The doctors and athletes come to the clinic between 1 and 5 p.m., a high-traffic time that often gets chaotic, Beck said. During these hours, Beck checks patients in, does their paperwork, finds out why they're in to see the doctors, and then he determines the order in which the patients will see which doctor.

Beck said the clinic is comparable to an urgent-care facility, both for the way things operate and the stress associated with the job.

"In the medical profession, you understand there's high stress," he said. "Some people handle it well; some don't. Fortunately, I have a consistent personality, and I don't get extremely stressed out. I know there's a job to do, and I do it."

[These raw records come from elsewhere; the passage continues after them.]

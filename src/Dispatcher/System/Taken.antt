-- ===== src/Dispatcher/System/Taken.antt =====
-- dispatcher.go, `for received := range delivery`: which deliveries the goroutines take from their
-- Go channels in a run.
use mathlib.Core.List.{append-nil, append_assoc, map-append}
use bunmq.Base.{
  ℕ, zero, suc, String, Bool, true, false, ◌≡◌, refl, sym, ap, ◌∙◌, none, some, List, [], ◌∷◌, ◌++◌,
  map, if◌then◌else◌,
}
use bunmq.Errors.{Result, ok, err}
use bunmq.GoType.{GoType}
use bunmq.Queue.{QueueDefinition}
use bunmq.Amqp.Channel.{AmqpChannel, Delivery, Incoming}
use bunmq.Dispatcher.{Manager, Dispatcher}
use bunmq.Dispatcher.Metadata.{Run, returned, panicked}
use bunmq.Dispatcher.Process.{Action, process_received_message}
use bunmq.Dispatcher.System.Places.{thread_at}
use bunmq.Dispatcher.System.{
  Phase, checking, connecting, dropping, ended, opening, storing, receiving, Shared, Thread, Step,
  System, Event, turn, signal, change, onward, next_of_run, next_of_channel, next_of_deliveries,
  advance, advance_at, happen, took, run,
}

module _ {W : Type 0} where
  -- The delivery that a goroutine takes next: the first of those in its Go channel, if it stands
  -- at the head of the `range` over it.
  abbrev next_in : Phase W → List Delivery
  next_in (receiving (d ∷ ds) closes) = d ∷ []
  next_in _ = []

  abbrev next_at : ℕ → List (Thread W) → List Delivery
  next_at n ts = elim (thread_at n ts) [ none ↦ [] | some t ↦ next_in t.1 ]

module _ {Payload : Type 0} where
  -- The deliveries to which something has been sent.
  abbrev pub deliveries : List (Delivery × List (Action Payload)) → List Delivery
  deliveries gs = map (λ g. g.0) gs

module _ {W Payload : Type 0} where
  -- The deliveries of a step.
  abbrev StepTakes : {A : Type 0} → List Delivery → Step W Payload A → Type 0
  StepTakes ds (r, n, gs, h) = deliveries gs ≡ ds

  onward-StepTakes :
      {A B : Type 0} (f : A → B) (ds : List Delivery) (r : Step W Payload A)
      → StepTakes ds r
      → StepTakes ds (onward f r)
  onward-StepTakes f ds (returned a, n, gs, h) t = t
  onward-StepTakes f ds (panicked, n, gs, h) t = t

  next_of_run-StepTakes :
      (d : Delivery) (ds : List Delivery) (closes : Bool)
      (r : Run (Unit {0}) × List (Action Payload) × W) (h : Shared W)
      → StepTakes (d ∷ []) (next_of_run d ds closes r h)
  next_of_run-StepTakes d ds closes (returned _, acts, w) h = refl
  next_of_run-StepTakes d ds closes (panicked, acts, w) h = refl

module _ {W : Type 0} (Payload : Type 0) where
  next_of_channel-StepTakes :
      (r : Result (AmqpChannel W) × W) (h : Shared W)
      → StepTakes [] (next_of_channel {Payload = Payload} r h)
  next_of_channel-StepTakes (err e, w) h = refl
  next_of_channel-StepTakes (ok ch, w) h = refl

  next_of_deliveries-StepTakes :
      (r : Result Incoming × W) (h : Shared W)
      → StepTakes [] (next_of_deliveries {Payload = Payload} r h)
  next_of_deliveries-StepTakes (err e, w) h = refl
  next_of_deliveries-StepTakes (ok (ds, closes), w) h = refl

module _ {W Payload : Type 0} (manager : Manager W) (unmarshal : String → GoType → Result Payload)
    (s : Dispatcher W Payload) where
  advance-StepTakes :
      (q : QueueDefinition) (p : Phase W) (h : Shared W)
      → StepTakes (next_in p) (advance manager unmarshal s q p h)
  unfolding advance
  advance-StepTakes q checking h = refl
  advance-StepTakes q connecting h =
      next_of_channel-StepTakes Payload (manager.get_channel h.outside) h
  advance-StepTakes q (opening ch) h = next_of_deliveries-StepTakes Payload _ h
  advance-StepTakes q (storing ds closes) h = refl
  advance-StepTakes q (receiving [] true) h = refl
  advance-StepTakes q (receiving [] false) h = refl
  advance-StepTakes q (receiving (d ∷ ds) closes) h =
      next_of_run-StepTakes d ds closes (process_received_message manager unmarshal s q d h.outside)
        h
  advance-StepTakes q dropping h = refl
  advance-StepTakes q ended h = refl

  advance_at-StepTakes :
      (n : ℕ) (ts : List (Thread W)) (h : Shared W)
      → StepTakes (next_at n ts) (advance_at manager unmarshal s n ts h)
  unfolding advance_at
  advance_at-StepTakes n [] h = refl
  advance_at-StepTakes zero ((q, p) ∷ ts) h =
      onward-StepTakes _ (next_in p) (advance manager unmarshal s q p h) (advance-StepTakes q p h)
  advance_at-StepTakes (suc n) (t ∷ ts) h =
      onward-StepTakes _ (next_at n ts) (advance_at manager unmarshal s n ts h)
        (advance_at-StepTakes n ts h)

  -- What an event takes: a turn takes the next delivery of its goroutine, unless the program has
  -- crashed.
  abbrev taken_by : Event W → System W Payload → List Delivery
  taken_by (turn n) y = if y.crashed then [] else next_at n y.threads
  taken_by signal y = []
  taken_by (change w) y = []

  -- What the events of a schedule take, in order.
  pub taken : List (Event W) → System W Payload → List Delivery
  taken [] y = []
  taken (e ∷ es) y = taken_by e y ++ taken es (happen manager unmarshal s e y)

  took-deliveries :
      (y : System W Payload) (ds : List Delivery) (r : Step W Payload (List (Thread W)))
      → StepTakes ds r
      → deliveries (took manager unmarshal s y r).actions ≡ deliveries y.actions ++ ds
  took-deliveries y ds (returned ts, n, gs, h) t =
      map-append (λ g. g.0) y.actions gs ∙ ap (λ l. deliveries y.actions ++ l) t
  took-deliveries y ds (panicked, n, gs, h) t =
      map-append (λ g. g.0) y.actions gs ∙ ap (λ l. deliveries y.actions ++ l) t

  happen-deliveries :
      (e : Event W) (y : System W Payload)
      → deliveries (happen manager unmarshal s e y).actions ≡ deliveries y.actions ++ taken_by e y
  unfolding happen
  happen-deliveries (turn n) y = go y.crashed
    where
      go :
          (b : Bool)
          → deliveries
              (if b
                then y
                else took manager unmarshal s y
                    (advance_at manager unmarshal s n y.threads y.shared)).actions
            ≡ deliveries y.actions ++ (if b then [] else next_at n y.threads)
      go true = sym (append-nil (deliveries y.actions))
      go false =
          took-deliveries y (next_at n y.threads) _ (advance_at-StepTakes n y.threads y.shared)
  happen-deliveries signal y = sym (append-nil (deliveries y.actions))
  happen-deliveries (change w) y = sym (append-nil (deliveries y.actions))

  -- The deliveries to which something was sent are those that were taken, in their order.
  pub run-deliveries :
      (es : List (Event W)) (y : System W Payload)
      → deliveries (run manager unmarshal s es y).actions ≡ deliveries y.actions ++ taken es y
  unfolding run taken
  run-deliveries [] y = sym (append-nil (deliveries y.actions))
  run-deliveries (e ∷ es) y =
      run-deliveries es (happen manager unmarshal s e y)
      ∙ ap (λ l. l ++ taken es (happen manager unmarshal s e y)) (happen-deliveries e y)
      ∙ append_assoc (deliveries y.actions) (taken_by e y)
          (taken es (happen manager unmarshal s e y))
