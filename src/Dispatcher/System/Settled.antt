-- ===== src/Dispatcher/System/Settled.antt =====
-- dispatcher.go, `ConsumeBlocking`: every delivery that any goroutine receives is settled.
use bunmq.Base.{
  ℕ, zero, suc, ◌≤◌, Bool, true, false, ◌≡◌, refl, sym, ap, List, [], ◌∷◌, ◌++◌, arith, if_lem,
  subst, String,
}
use bunmq.Base.Lists.{length, length-append, All, All-append, count_by}
use bunmq.Errors.{Result, ok, err}
use bunmq.GoType.{GoType}
use bunmq.Queue.{QueueDefinition}
use bunmq.Amqp.Channel.{AmqpChannel, Delivery, Incoming}
use bunmq.Dispatcher.{Manager, Dispatcher}
use bunmq.Dispatcher.Metadata.{Run, returned, panicked}
use bunmq.Dispatcher.Process.{Action, publish_to_dlq, process_received_message}
use bunmq.Dispatcher.Process.Settlement.{settles}
use bunmq.Dispatcher.Consume.{Channels}
use bunmq.Dispatcher.System.Taken.{deliveries, taken, run-deliveries}
use bunmq.Dispatcher.System.{
  Phase, checking, connecting, dropping, ended, opening, storing, receiving, Shared, Thread, Step,
  System, Event, turn, signal, change, start, onward, next_of_run, next_of_channel,
  next_of_deliveries, advance, advance_at, happen, took, run,
}

module _ {Payload : Type 0} where
  -- How often a delivery is settled by what was sent for it.
  abbrev pub times : Delivery × List (Action Payload) → ℕ
  times (d, acts) = count_by settles acts

  abbrev pub IsSettled : Delivery × List (Action Payload) → Type 0
  IsSettled g = (1 ≤ times g) × (times g ≤ 2)

  -- What was sent for each of the deliveries received so far: every one is settled once or twice;
  -- where the program has crashed, all but the last one, which is not settled.
  abbrev pub AreSettled : (crashed : Bool) → List (Delivery × List (Action Payload)) → Type 0
  AreSettled false gs = All IsSettled gs
  AreSettled true gs =
      (before : List (Delivery × List (Action Payload))) × (last : Delivery × List (Action Payload))
      × (gs ≡ before ++ last ∷ [])
      × All IsSettled before
      × (times last ≡ 0)

module _ {W Payload : Type 0} where
  abbrev StepSettles : {A : Type 0} → Step W Payload A → Type 0
  StepSettles (returned _, n, gs, h) = (length gs ≡ n) × All IsSettled gs
  StepSettles (panicked, n, gs, h) =
      (length gs ≡ n)
      × (last : Delivery × List (Action Payload)) × (gs ≡ last ∷ [])
      × (times last ≡ 0)

  pub record SystemSettles (y : System W Payload) : Type 0 where
    pub each : length y.actions ≡ y.received
    pub settled : AreSettled y.crashed y.actions

  onward-StepSettles :
      {A B : Type 0} (f : A → B) (r : Step W Payload A) → StepSettles r → StepSettles (onward f r)
  onward-StepSettles f (returned a, n, gs, h) t = t
  onward-StepSettles f (panicked, n, gs, h) t = t

  -- What the processing of one delivery has come to.
  abbrev RunSettles : Run (Unit {0}) × List (Action Payload) × W → Type 0
  RunSettles (returned _, acts, w) = (1 ≤ count_by settles acts) × (count_by settles acts ≤ 2)
  RunSettles (panicked, acts, w) = count_by settles acts ≡ 0

  next_of_run-StepSettles :
      (d : Delivery) (ds : List Delivery) (closes : Bool)
      (r : Run (Unit {0}) × List (Action Payload) × W) (h : Shared W)
      → RunSettles r
      → StepSettles (next_of_run d ds closes r h)
  next_of_run-StepSettles d ds closes (returned _, acts, w) h t = (refl, (t, tt))
  next_of_run-StepSettles d ds closes (panicked, acts, w) h t = (refl, (d, acts), refl, t)

module _ {W : Type 0} (Payload : Type 0) where
  next_of_channel-StepSettles :
      (r : Result (AmqpChannel W) × W) (h : Shared W)
      → StepSettles (next_of_channel {Payload = Payload} r h)
  next_of_channel-StepSettles (err e, w) h = (refl, tt)
  next_of_channel-StepSettles (ok ch, w) h = (refl, tt)

  next_of_deliveries-StepSettles :
      (r : Result Incoming × W) (h : Shared W)
      → StepSettles (next_of_deliveries {Payload = Payload} r h)
  next_of_deliveries-StepSettles (err e, w) h = (refl, tt)
  next_of_deliveries-StepSettles (ok (ds, closes), w) h = (refl, tt)

module _ {W Payload : Type 0} (manager : Manager W) (unmarshal : String → GoType → Result Payload)
    (s : Dispatcher W Payload) where
  process-RunSettles :
      (q : QueueDefinition) (d : Delivery) (w : W)
      → RunSettles (process_received_message manager unmarshal s q d w)
  unfolding process_received_message publish_to_dlq
  process-RunSettles q d w = ground arith

  advance-StepSettles :
      (q : QueueDefinition) (p : Phase W) (h : Shared W)
      → StepSettles (advance manager unmarshal s q p h)
  unfolding advance
  advance-StepSettles q checking h = (refl, tt)
  advance-StepSettles q connecting h =
      next_of_channel-StepSettles Payload (manager.get_channel h.outside) h
  advance-StepSettles q (opening ch) h = next_of_deliveries-StepSettles Payload _ h
  advance-StepSettles q (storing ds closes) h = (refl, tt)
  advance-StepSettles q (receiving [] true) h = (refl, tt)
  advance-StepSettles q (receiving [] false) h = (refl, tt)
  advance-StepSettles q (receiving (d ∷ ds) closes) h =
      next_of_run-StepSettles d ds closes
        (process_received_message manager unmarshal s q d h.outside) h
        (process-RunSettles q d h.outside)
  advance-StepSettles q dropping h = (refl, tt)
  advance-StepSettles q ended h = (refl, tt)

  advance_at-StepSettles :
      (n : ℕ) (ts : List (Thread W)) (h : Shared W)
      → StepSettles (advance_at manager unmarshal s n ts h)
  unfolding advance_at
  advance_at-StepSettles n [] h = (refl, tt)
  advance_at-StepSettles zero ((q, p) ∷ ts) h =
      onward-StepSettles _ (advance manager unmarshal s q p h) (advance-StepSettles q p h)
  advance_at-StepSettles (suc n) (t ∷ ts) h =
      onward-StepSettles _ (advance_at manager unmarshal s n ts h) (advance_at-StepSettles n ts h)

  took-SystemSettles :
      (y : System W Payload) (r : Step W Payload (List (Thread W)))
      → y.crashed ≡ false
      → SystemSettles y
      → StepSettles r
      → SystemSettles (took manager unmarshal s y r)
  took-SystemSettles y (returned ts, n, gs, h) c v t = record {
    each = omega (arith, length-append y.actions gs, v.each, t.0);
    settled =
        subst (λ b. AreSettled b (y.actions ++ gs)) (sym c)
          (All-append IsSettled y.actions gs (subst (λ b. AreSettled b y.actions) c v.settled) t.1);
  }
  took-SystemSettles y (panicked, n, gs, h) c v (e, last, only_one, zero_times) = record {
    each = omega (arith, length-append y.actions gs, v.each, e);
    settled = (
      y.actions,
      last,
      ap (λ l. y.actions ++ l) only_one,
      subst (λ b. AreSettled b y.actions) c v.settled,
      zero_times,
    );
  }

  happen-SystemSettles :
      (e : Event W) (y : System W Payload)
      → SystemSettles y
      → SystemSettles (happen manager unmarshal s e y)
  unfolding happen
  happen-SystemSettles (turn n) y v =
      if_lem SystemSettles y.crashed (λ c. v)
        (λ c. took-SystemSettles y _ c v (advance_at-StepSettles n y.threads y.shared))
  happen-SystemSettles signal y v = record { each = v.each; settled = v.settled }
  happen-SystemSettles (change w) y v = record { each = v.each; settled = v.settled }

  run-SystemSettles :
      (es : List (Event W)) (y : System W Payload)
      → SystemSettles y
      → SystemSettles (run manager unmarshal s es y)
  unfolding run
  run-SystemSettles [] y v = v
  run-SystemSettles (e ∷ es) y v =
      run-SystemSettles es (happen manager unmarshal s e y) (happen-SystemSettles e y v)

  -- However the goroutines of all queues interleave, with any events and any changes outside: what
  -- was sent stands by deliveries, and these are, one for one and in their order, the ones that the
  -- goroutines took at their turns, each the first that was left in its Go channel. What was sent
  -- for a delivery settles it once or twice; where the program has panicked, it does for each but
  -- the last one, which is not settled.
  pub run-settles :
      (order : List QueueDefinition) (chans : Channels) (w : W) (es : List (Event W))
      → let y = run manager unmarshal s es (start order chans w) in
        (deliveries y.actions ≡ taken manager unmarshal s es (start order chans w))
        × SystemSettles y
  run-settles order chans w es = (
    run-deliveries manager unmarshal s es (start order chans w),
    run-SystemSettles es (start order chans w) (record { each = refl; settled = tt }),
  )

Beck got the job five years ago when he said he needed a major life change. Before that, he was in a UNM office working strictly with paper contracts. After a divorce, he said he was forced to look at life issues and for something else in the world he could do, something that included more personal interaction.

"I took a pay cut just to work with people and work amongst a younger group of clientele," he said. "Life isn't all about the buck."

Now, Beck gets the honor of keeping UNM athletes healthy.

"I enjoy working with athletes because it's a higher-spirited patient," he said. "The drive to become healthier faster is there with the athletes. They need to get back out there."

And when the athletes get back to competing, Beck said he experiences one of the major perks of his job.

"It's an excitement level you don't find in a lot of jobs, and even when our teams lose, you were still part of the game," he said.